## Data for processing
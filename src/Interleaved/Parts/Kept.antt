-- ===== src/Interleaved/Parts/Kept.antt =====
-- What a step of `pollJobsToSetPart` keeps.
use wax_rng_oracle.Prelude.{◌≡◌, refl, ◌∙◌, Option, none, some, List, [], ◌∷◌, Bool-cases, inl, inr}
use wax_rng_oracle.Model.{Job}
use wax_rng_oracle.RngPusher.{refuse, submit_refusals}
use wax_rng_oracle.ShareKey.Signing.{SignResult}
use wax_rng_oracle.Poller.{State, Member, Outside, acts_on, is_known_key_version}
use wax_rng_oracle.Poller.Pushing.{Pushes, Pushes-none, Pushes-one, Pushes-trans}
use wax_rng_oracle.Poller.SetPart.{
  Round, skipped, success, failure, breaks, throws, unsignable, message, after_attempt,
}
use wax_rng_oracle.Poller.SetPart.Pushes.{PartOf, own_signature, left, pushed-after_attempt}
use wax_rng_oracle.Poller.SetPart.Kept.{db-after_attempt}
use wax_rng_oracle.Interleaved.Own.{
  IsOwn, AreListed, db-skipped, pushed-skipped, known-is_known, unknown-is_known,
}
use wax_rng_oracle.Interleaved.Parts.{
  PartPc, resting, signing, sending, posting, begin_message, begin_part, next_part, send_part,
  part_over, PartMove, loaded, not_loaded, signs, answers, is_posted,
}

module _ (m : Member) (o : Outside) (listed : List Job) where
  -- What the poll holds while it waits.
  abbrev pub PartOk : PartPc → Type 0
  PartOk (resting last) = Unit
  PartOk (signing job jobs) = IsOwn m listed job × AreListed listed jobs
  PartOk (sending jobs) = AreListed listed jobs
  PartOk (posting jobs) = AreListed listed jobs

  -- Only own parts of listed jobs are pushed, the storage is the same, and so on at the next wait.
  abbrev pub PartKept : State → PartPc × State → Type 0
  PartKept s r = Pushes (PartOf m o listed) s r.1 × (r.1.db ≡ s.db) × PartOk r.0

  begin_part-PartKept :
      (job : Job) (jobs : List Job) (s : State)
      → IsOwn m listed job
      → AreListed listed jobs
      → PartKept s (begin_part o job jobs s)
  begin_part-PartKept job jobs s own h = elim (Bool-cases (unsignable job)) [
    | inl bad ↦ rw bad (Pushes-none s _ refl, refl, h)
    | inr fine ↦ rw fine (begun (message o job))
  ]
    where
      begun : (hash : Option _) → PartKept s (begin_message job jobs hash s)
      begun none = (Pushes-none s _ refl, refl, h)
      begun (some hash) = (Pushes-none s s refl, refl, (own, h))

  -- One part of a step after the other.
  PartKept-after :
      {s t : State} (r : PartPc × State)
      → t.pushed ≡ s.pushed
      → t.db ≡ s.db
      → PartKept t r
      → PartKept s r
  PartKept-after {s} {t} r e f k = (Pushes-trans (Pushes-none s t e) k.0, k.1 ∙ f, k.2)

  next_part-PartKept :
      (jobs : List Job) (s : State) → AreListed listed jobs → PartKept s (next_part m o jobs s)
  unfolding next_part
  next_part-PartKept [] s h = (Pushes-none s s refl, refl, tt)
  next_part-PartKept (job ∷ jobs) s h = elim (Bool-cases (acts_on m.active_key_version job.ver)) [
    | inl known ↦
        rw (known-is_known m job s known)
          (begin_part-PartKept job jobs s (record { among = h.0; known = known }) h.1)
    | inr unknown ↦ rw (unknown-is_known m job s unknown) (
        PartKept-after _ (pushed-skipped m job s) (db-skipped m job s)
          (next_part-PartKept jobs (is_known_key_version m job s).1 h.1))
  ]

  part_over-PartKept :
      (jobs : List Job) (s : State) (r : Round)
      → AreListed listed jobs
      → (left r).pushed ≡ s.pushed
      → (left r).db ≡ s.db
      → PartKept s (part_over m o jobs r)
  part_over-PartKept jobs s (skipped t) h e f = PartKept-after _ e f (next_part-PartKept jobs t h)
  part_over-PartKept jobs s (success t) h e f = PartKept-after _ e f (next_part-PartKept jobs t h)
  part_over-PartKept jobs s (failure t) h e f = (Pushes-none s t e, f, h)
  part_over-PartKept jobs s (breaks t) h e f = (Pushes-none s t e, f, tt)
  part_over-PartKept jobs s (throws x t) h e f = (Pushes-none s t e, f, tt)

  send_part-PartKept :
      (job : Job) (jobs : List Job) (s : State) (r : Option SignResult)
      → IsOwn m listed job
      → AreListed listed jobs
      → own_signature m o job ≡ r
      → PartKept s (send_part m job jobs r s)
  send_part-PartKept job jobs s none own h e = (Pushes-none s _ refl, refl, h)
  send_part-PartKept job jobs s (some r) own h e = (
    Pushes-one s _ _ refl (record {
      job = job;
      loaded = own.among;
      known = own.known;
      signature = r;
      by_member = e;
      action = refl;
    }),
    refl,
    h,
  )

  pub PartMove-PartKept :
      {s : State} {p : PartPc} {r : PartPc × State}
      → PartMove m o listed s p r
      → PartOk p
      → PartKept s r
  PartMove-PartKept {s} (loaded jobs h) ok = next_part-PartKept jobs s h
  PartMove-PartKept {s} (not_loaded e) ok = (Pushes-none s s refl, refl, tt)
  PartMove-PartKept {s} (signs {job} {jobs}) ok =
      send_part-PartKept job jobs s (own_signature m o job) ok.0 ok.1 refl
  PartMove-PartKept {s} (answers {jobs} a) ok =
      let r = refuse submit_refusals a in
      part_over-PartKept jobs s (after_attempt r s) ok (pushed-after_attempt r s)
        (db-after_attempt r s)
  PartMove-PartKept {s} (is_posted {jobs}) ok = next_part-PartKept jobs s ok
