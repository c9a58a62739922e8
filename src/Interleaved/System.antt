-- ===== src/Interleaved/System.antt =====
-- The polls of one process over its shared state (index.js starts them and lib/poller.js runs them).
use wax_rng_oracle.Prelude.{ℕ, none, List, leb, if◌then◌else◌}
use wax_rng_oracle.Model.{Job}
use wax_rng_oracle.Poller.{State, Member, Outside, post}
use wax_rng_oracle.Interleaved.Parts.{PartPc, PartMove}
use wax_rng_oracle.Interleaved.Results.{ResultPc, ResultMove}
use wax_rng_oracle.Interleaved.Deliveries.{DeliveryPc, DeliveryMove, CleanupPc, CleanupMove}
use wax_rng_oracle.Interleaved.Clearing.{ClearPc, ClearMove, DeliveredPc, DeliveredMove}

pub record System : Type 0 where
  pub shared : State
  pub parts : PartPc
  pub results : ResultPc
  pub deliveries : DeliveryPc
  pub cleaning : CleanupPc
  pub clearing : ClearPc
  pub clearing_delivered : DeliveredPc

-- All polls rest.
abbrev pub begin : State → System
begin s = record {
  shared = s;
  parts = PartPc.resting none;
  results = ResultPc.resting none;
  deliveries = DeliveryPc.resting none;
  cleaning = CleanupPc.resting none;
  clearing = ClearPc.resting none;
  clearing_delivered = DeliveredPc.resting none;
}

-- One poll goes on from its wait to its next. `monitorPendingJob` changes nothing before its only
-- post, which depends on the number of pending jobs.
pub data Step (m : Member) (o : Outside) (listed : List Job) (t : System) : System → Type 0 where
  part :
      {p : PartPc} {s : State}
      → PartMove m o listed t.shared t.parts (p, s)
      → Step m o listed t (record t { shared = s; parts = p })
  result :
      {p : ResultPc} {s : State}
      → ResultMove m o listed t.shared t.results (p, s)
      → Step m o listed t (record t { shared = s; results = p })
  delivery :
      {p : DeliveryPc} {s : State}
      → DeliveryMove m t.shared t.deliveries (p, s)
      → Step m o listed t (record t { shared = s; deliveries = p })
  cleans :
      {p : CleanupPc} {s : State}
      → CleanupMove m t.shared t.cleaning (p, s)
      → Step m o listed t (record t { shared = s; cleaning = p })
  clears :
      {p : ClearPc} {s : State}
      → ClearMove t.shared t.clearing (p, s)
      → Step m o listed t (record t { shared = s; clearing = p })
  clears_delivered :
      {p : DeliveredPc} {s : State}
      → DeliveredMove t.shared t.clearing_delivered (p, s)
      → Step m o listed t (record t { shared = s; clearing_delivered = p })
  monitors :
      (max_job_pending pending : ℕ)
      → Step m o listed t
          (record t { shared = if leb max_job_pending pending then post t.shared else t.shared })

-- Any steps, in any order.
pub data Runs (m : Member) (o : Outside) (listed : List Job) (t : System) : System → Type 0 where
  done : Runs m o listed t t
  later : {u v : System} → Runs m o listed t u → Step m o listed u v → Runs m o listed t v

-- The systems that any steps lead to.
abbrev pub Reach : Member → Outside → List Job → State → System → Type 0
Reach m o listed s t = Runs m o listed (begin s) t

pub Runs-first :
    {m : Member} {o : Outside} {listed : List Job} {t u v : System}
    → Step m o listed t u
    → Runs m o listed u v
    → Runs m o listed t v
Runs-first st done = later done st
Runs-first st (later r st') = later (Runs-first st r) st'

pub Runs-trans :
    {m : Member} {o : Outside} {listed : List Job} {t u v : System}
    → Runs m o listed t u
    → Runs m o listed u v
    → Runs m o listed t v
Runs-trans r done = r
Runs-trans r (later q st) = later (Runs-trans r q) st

## Brief
Check each line of the listing for "throws". Show those that have it.

## Answer section
  Round, skipped, success, failure, breaks, throws, unsignable, message, after_attempt,
  part_over-PartKept jobs s (throws x t) h e f = (Pushes-none s t e, f, tt)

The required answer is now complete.